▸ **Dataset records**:

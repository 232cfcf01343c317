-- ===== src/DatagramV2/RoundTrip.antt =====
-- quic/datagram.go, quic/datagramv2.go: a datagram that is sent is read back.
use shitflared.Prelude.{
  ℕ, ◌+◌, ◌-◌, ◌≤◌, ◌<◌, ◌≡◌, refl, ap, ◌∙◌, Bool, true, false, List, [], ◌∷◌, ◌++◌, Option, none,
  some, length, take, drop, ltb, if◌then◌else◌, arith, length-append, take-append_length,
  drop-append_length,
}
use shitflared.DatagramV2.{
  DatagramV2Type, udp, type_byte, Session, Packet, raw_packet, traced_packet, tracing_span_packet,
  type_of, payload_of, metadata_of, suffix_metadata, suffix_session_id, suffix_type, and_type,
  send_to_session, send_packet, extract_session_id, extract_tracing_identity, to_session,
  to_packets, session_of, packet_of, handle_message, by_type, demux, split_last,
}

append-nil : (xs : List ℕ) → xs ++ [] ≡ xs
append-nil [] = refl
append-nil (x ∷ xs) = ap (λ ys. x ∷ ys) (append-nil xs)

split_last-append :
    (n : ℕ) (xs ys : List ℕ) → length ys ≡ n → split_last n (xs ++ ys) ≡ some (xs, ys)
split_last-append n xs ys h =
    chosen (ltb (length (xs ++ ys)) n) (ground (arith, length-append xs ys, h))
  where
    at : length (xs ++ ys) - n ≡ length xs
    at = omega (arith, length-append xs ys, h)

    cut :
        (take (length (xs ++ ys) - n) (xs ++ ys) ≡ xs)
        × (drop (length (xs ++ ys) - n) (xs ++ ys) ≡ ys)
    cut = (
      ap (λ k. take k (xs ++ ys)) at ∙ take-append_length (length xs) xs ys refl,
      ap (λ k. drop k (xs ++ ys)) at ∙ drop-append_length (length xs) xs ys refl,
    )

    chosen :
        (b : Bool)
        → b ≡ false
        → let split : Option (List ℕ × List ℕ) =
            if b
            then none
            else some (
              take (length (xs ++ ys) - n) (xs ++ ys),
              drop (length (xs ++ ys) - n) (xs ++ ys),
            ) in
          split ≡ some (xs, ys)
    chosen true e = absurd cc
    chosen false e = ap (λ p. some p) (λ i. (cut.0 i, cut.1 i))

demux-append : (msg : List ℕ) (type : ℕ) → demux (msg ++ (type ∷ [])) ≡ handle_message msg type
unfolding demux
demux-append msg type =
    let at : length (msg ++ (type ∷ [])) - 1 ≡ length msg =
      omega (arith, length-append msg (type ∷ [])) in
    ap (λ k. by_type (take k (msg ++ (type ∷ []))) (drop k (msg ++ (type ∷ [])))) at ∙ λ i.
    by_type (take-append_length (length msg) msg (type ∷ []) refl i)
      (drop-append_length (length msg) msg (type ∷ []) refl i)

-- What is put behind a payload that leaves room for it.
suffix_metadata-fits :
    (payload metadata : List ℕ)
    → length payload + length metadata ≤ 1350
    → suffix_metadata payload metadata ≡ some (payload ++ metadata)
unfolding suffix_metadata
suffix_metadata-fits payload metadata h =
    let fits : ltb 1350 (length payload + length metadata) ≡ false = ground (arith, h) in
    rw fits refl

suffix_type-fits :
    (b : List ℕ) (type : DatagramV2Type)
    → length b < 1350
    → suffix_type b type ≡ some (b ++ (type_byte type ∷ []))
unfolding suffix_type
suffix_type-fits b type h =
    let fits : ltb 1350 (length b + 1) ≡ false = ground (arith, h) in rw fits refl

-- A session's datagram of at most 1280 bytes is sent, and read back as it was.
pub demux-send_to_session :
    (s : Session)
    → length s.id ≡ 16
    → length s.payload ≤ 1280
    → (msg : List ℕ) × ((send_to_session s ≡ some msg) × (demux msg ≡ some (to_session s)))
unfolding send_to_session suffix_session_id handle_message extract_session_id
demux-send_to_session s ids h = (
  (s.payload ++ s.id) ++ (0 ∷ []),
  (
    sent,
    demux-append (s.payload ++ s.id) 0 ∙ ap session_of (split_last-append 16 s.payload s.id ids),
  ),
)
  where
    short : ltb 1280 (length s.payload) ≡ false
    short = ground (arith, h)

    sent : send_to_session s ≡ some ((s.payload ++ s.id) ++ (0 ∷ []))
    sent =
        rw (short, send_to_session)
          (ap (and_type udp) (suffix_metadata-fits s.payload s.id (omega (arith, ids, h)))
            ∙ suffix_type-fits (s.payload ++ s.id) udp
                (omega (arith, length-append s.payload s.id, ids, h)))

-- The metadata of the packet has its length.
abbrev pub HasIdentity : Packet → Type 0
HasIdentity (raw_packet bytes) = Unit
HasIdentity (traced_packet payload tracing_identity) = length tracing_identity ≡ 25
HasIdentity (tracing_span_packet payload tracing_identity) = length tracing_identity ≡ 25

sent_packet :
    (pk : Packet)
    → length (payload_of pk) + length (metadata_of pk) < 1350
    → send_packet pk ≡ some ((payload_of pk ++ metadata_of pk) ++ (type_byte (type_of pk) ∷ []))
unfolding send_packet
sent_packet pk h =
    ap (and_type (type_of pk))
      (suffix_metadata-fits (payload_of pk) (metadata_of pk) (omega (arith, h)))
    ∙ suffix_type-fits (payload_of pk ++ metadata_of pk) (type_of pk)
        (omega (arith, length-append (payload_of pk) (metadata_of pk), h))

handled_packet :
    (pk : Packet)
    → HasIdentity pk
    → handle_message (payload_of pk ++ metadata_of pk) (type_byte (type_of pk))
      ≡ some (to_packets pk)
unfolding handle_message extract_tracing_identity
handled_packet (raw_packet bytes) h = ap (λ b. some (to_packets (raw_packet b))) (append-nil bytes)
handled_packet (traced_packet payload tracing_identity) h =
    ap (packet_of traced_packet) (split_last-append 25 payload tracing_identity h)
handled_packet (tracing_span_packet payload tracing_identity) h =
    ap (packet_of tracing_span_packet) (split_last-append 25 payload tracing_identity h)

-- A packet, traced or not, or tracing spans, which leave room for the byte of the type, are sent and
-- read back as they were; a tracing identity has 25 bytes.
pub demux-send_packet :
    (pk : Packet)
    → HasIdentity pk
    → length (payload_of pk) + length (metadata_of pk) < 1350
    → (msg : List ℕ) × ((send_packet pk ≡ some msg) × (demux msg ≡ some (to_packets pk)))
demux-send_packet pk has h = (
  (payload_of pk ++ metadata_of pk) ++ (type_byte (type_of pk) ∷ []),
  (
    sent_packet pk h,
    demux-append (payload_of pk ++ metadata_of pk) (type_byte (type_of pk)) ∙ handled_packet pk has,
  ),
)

...

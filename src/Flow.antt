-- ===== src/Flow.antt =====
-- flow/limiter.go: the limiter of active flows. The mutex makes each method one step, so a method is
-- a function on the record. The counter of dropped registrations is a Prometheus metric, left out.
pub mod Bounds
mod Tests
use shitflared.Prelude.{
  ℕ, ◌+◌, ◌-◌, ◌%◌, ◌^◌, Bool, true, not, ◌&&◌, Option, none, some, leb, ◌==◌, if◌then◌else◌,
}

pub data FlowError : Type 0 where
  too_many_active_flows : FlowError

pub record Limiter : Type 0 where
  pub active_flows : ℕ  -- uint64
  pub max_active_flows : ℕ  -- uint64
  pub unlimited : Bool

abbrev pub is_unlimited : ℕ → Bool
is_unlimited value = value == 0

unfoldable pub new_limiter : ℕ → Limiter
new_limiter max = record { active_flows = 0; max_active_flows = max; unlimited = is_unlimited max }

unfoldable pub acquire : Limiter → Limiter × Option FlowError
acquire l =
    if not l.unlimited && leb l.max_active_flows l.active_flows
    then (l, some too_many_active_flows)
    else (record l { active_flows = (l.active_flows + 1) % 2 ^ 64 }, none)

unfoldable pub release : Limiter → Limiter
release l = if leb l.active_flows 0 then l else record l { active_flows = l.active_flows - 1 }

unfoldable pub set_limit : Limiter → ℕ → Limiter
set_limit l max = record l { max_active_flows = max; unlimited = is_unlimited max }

▸ **What this task involves**: For this exercise, repeat exactly the lines of the data above from the one with "pub unlimited : Bool" down to the one with "set_limit l max", both end lines included.

▸ **Written solution**:
  pub unlimited : Bool

abbrev pub is_unlimited : ℕ → Bool
is_unlimited value = value == 0

unfoldable pub new_limiter : ℕ → Limiter
new_limiter max = record { active_flows = 0; max_active_flows = max; unlimited = is_unlimited max }

unfoldable pub acquire : Limiter → Limiter × Option FlowError
acquire l =
    if not l.unlimited && leb l.max_active_flows l.active_flows
    then (l, some too_many_active_flows)
    else (record l { active_flows = (l.active_flows + 1) % 2 ^ 64 }, none)

unfoldable pub release : Limiter → Limiter
release l = if leb l.active_flows 0 then l else record l { active_flows = l.active_flows - 1 }

unfoldable pub set_limit : Limiter → ℕ → Limiter
set_limit l max = record l { max_active_flows = max; unlimited = is_unlimited max }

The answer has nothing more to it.